Нет, конечно, можно притянуть за уши мутное объяснение, почему инопланетный зелёный змей с четырьмя глазами на стебельках представился как Ваня Кокин. Это просто совпадение, вот. Или созвучие. Бывает. Народ поржёт. Но если комический эффект не нужен — лучше выдумать имена. Придумать принцип, которым в этом мире руководствуются, называя дитя. На худой конец — перевести эти имена, наделив их чужим смыслом: у нас «яма» — одно, у японцев — другое. И наш змеевидный товарищ отрекомендуется так: «Ваня Кокин, что значит на языке моих предков Зелёное Солнце». Можно и топонимику переводить, запросто: «Этот фиолетовый лес, где гигантские грибы образовывали сырые и воняющие аммиаком катакомбы, аборигены называли Гниющая Ловушка». А можно и не переводить — тогда будет совершенно уместно смотреться неологизм.
Туда же и титулы пойдут. В «АБС-образной фантастике» короли с баронами ещё будут нормально смотреться, потому что мир нарочито напоминает земной, но вот у разумных пауков-коллективистов — какие короли, какие бароны? Или — милорд Семирично Ветвистый, полномочный посол древней цивилизации говорящих хвощей…

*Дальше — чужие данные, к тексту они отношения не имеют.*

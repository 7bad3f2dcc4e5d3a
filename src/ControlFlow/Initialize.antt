-- ===== src/ControlFlow/Initialize.antt =====
-- InitializeControlFlowGraph of centipede/control_flow.cc on an empty object: what the queries
-- then answer.
use fuzztest.Common.{
  ℕ, zero, suc, ◌+◌, ◌-◌, ◌^◌, ◌≤◌, ◌<◌, ◌≡◌, ◌∙◌, sym, refl, ap, inl, inr, true, false, List, [],
  Option, none, some, length, get_or, take, replicate, subst, ◌==◌, All, All-get_or, arith,
}
use fuzztest.Common.Abort.{done}
use fuzztest.Common.Maps.{find}
use fuzztest.ControlFlow.{
  CfTable, Graph, PcInfo, PcTable, ControlFlowGraph, empty_graph, has_func_entry_flag, exists,
  resize, num_edges, initialize_control_flow_graph, get_pc_index, block_is_function_entry,
  get_cyclomatic_complexity, graph_of_table, compute_function_cyclomatic_complexity,
}
use fuzztest.ControlFlow.Complexity.{compute_function_cyclomatic_complexity_lem}
use fuzztest.ControlFlow.Entries.{
  IsDistinct, index_map, entry_flags, complexities, complexity_of_lem, entries_loop_lem,
  find-index_map, find-index_map_cases, length-index_map, flags_at, length-entry_flags,
  find-complexities,
}
use fuzztest.ControlFlow.Lazy.{IsCached}

-- The graph that the initialization of an empty object leaves.
initialized : Graph → PcTable → ControlFlowGraph
initialized g table = record {
  pc_index_map = index_map 0 table [];
  func_entries = entry_flags 0 table (resize (length table) false []);
  graph = g;
  function_complexities = complexities g table [];
  reachability = resize (length table) none [];
}

take-replicate {ℓ} :
    {A : Type ℓ} (n i : ℕ) (d : A)
    → (length (take n (replicate n d)) ≡ n) × (get_or (take n (replicate n d)) i d ≡ d)
take-replicate zero i d = (refl, refl)
take-replicate (suc n) zero d = (ap suc (take-replicate n 0 d).0, refl)
take-replicate (suc n) (suc i) d = (ap suc (take-replicate n 0 d).0, (take-replicate n i d).1)

resized {ℓ} :
    {A : Type ℓ} (n i : ℕ) (d : A) → (length (resize n d []) ≡ n) × (get_or (resize n d []) i d ≡ d)
resized n i d =
    let all : n ≡ n - 0 = omega arith in
    subst (λ k. (length (take n (replicate k d)) ≡ n) × (get_or (take n (replicate k d)) i d ≡ d))
      all (take-replicate n i d)

-- A reach that is not computed.
abbrev unknown : Option (List ℕ)
unknown = none

get_pc_index-find :
    (c : ControlFlowGraph) (pc i : ℕ) → find pc c.pc_index_map ≡ some i → get_pc_index c pc ≡ done i
unfolding get_pc_index
get_pc_index-find c pc i e = rw (get_pc_index, e) refl

get_cyclomatic_complexity-find :
    (c : ControlFlowGraph) (pc n : ℕ)
    → find pc c.function_complexities ≡ some n
    → get_cyclomatic_complexity c pc ≡ done n
unfolding get_cyclomatic_complexity
get_cyclomatic_complexity-find c pc n e = rw (get_cyclomatic_complexity, e) refl

block_is_function_entry-get_or :
    (c : ControlFlowGraph) (i : ℕ)
    → i < length c.func_entries
    → block_is_function_entry c i ≡ get_or c.func_entries i false
unfolding block_is_function_entry
block_is_function_entry-get_or c i l = ground arith

block_is_function_entry_outside :
    (c : ControlFlowGraph) (i : ℕ) → length c.func_entries ≤ i → block_is_function_entry c i ≡ false
unfolding block_is_function_entry
block_is_function_entry_outside c i l = ground arith

length-flags :
    (table : PcTable) → length (entry_flags 0 table (resize (length table) false [])) ≡ length table
length-flags table =
    length-entry_flags 0 table (resize (length table) false []) ∙ (resized (length table) 0 false).0

initialized-IsCached :
    (g : Graph) (table : PcTable) → IsDistinct table → IsCached (initialized g table)
unfolding initialized
initialized-IsCached g table h =
    let d : PcInfo = record { pc = 0; flags = 0 } in
    let (sized, _) = resized (length table) 0 unknown in
    record {
      sized = omega (arith, sized, length-index_map 0 table [] h (λ pc q. refl));
      in_range = λ pc i e. elim (find-index_map_cases 0 i table [] d pc e) [
        | inl never ↦ absurd cc
        | inr (j, l, at, _) ↦ omega (arith, sized)
      ];
      apart = λ pc pc' i e f. elim (find-index_map_cases 0 i table [] d pc e) [
        | inl never ↦ absurd cc
        | inr (j, l, at, same) ↦ elim (find-index_map_cases 0 i table [] d pc' f) [
          | inl never ↦ absurd cc
          | inr (k, m, at', same') ↦
              let jk : j ≡ k = omega arith in sym same ∙ ap (λ n. (get_or table n d).pc) jk ∙ same'
        ]
      ];
      right = λ pc i r f e. absurd (let q = sym (resized (length table) i unknown).1 ∙ e in cc);
    }

indexed :
    (table : PcTable) (d : PcInfo) (pc i : ℕ)
    → find pc (index_map 0 table []) ≡ some i
    → (i < length table) × ((get_or table i d).pc ≡ pc)
indexed table d pc i e = elim (find-index_map_cases 0 i table [] d pc e) [
  | inl never ↦ absurd cc
  | inr (j, l, at, same) ↦
      let ij : j ≡ i = omega arith in (omega arith, ap (λ k. (get_or table k d).pc) (sym ij) ∙ same)
]

-- A nonempty table that is read to a graph of fewer than 2 ^ 32 - 2 edges, and a PC table of fewer
-- than 2 ^ 32 entries, without a pc twice, whose function entries are blocks, are accepted by an
-- empty object: the graph is the one read, each pc has its index, the function entries are those with the flag, none beyond the table, and
-- GetCyclomaticComplexity has the result of ComputeFunctionCyclomaticComplexity for each of them.
-- Only pcs of the table have an index. The results kept for LazyGetReachabilityForPc are sound.
pub initialize_control_flow_graph_lem :
    (cf_table : CfTable) (pc_table : PcTable) (g : Graph) (d : PcInfo)
    → 0 < length cf_table
    → graph_of_table cf_table [] ≡ some g
    → length pc_table < 2 ^ 32
    → IsDistinct pc_table
    → All (λ info. has_func_entry_flag info ≡ true → exists g info.pc ≡ true) pc_table
    → num_edges g + 2 < 2 ^ 32
    → (c : ControlFlowGraph) × (initialize_control_flow_graph cf_table pc_table empty_graph
        ≡ done c)
      × (c.graph ≡ g)
      × IsCached c
      × ((i : ℕ)
          → i < length pc_table
          → (get_pc_index c (get_or pc_table i d).pc ≡ done i)
            × (block_is_function_entry c i ≡ has_func_entry_flag (get_or pc_table i d))
            × (has_func_entry_flag (get_or pc_table i d) ≡ true
                → get_cyclomatic_complexity c (get_or pc_table i d).pc
                  ≡ compute_function_cyclomatic_complexity g (get_or pc_table i d).pc))
      × ((i : ℕ) → length pc_table ≤ i → block_is_function_entry c i ≡ false)
      × ((pc i : ℕ)
          → find pc c.pc_index_map ≡ some i
          → (i < length pc_table) × ((get_or pc_table i d).pc ≡ pc))
unfolding initialize_control_flow_graph initialized
initialize_control_flow_graph_lem cf_table pc_table g d n eg few h hs b =
    let nonempty : (length cf_table == 0) ≡ false = ground arith in
    (
      initialized g pc_table,
      rw (nonempty) (
          rw (eg) (
            entries_loop_lem (suc (length pc_table)) 0 pc_table [] pc_table _ refl refl
              (omega arith) few hs b)),
      refl,
      initialized-IsCached g pc_table h,
      λ i l. (
        get_pc_index-find (initialized g pc_table) (get_or pc_table i d).pc i (
            find-index_map 0 i pc_table [] d h l
            ∙ (let at : 0 + i ≡ i = omega arith in ap some at)),
        block_is_function_entry-get_or (initialized g pc_table) i
              (omega (arith, length-flags pc_table))
            ∙ flags_at 0 i i pc_table (resize (length pc_table) false []) d (omega arith) l
                (omega (arith, (resized (length pc_table) i false).0))
                (resized (length pc_table) i false).1,
        λ e.
            let entry = get_or pc_table i d in
            let block = All-get_or _ pc_table i d hs l e in
            let (r, _, eq, _) = compute_function_cyclomatic_complexity_lem g entry.pc block b in
            get_cyclomatic_complexity-find (initialized g pc_table) entry.pc _
              (find-complexities g i pc_table [] d h l e)
            ∙ sym (complexity_of_lem g entry.pc _ eq),
      ),
      λ i l.
          block_is_function_entry_outside (initialized g pc_table) i
            (omega (arith, length-flags pc_table)),
      λ pc i e. indexed pc_table d pc i e,
    )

Что же получается? Выбрав слово для фантастической реалии, писатель может приблизить мир текста к читателю. Дать читателю возможность войти, оглядеться, обустроиться и обжиться. А может, наоборот, отстранить. Сделать всё страньше и страньше. Назовём восьмилапого чешуйчатого хищника лошадью — и он потащит свой мир через межу в пространство читателя. Он — знак мира: «Я постижим, доступен пониманию, могу стать тебе своим. Будь во мне как дома». А сказать о летающей корове: «Это склисс, он ничей» — предупреждение: «Чудеса и диковины!» Склисс — знак, что мир текста может оказаться вовсе не тем, чем видится сквозь мембрану. Что читатель может обмануться мнимым сходством чужого со знакомым, собственными стереотипами восприятия. Как Галилей, первым увидевший у Сатурна… кольца? Нет, два странных нечто, прилипшие к планете. Склисс — не корова, и Сатурн не тройной. Всё не так, ребята.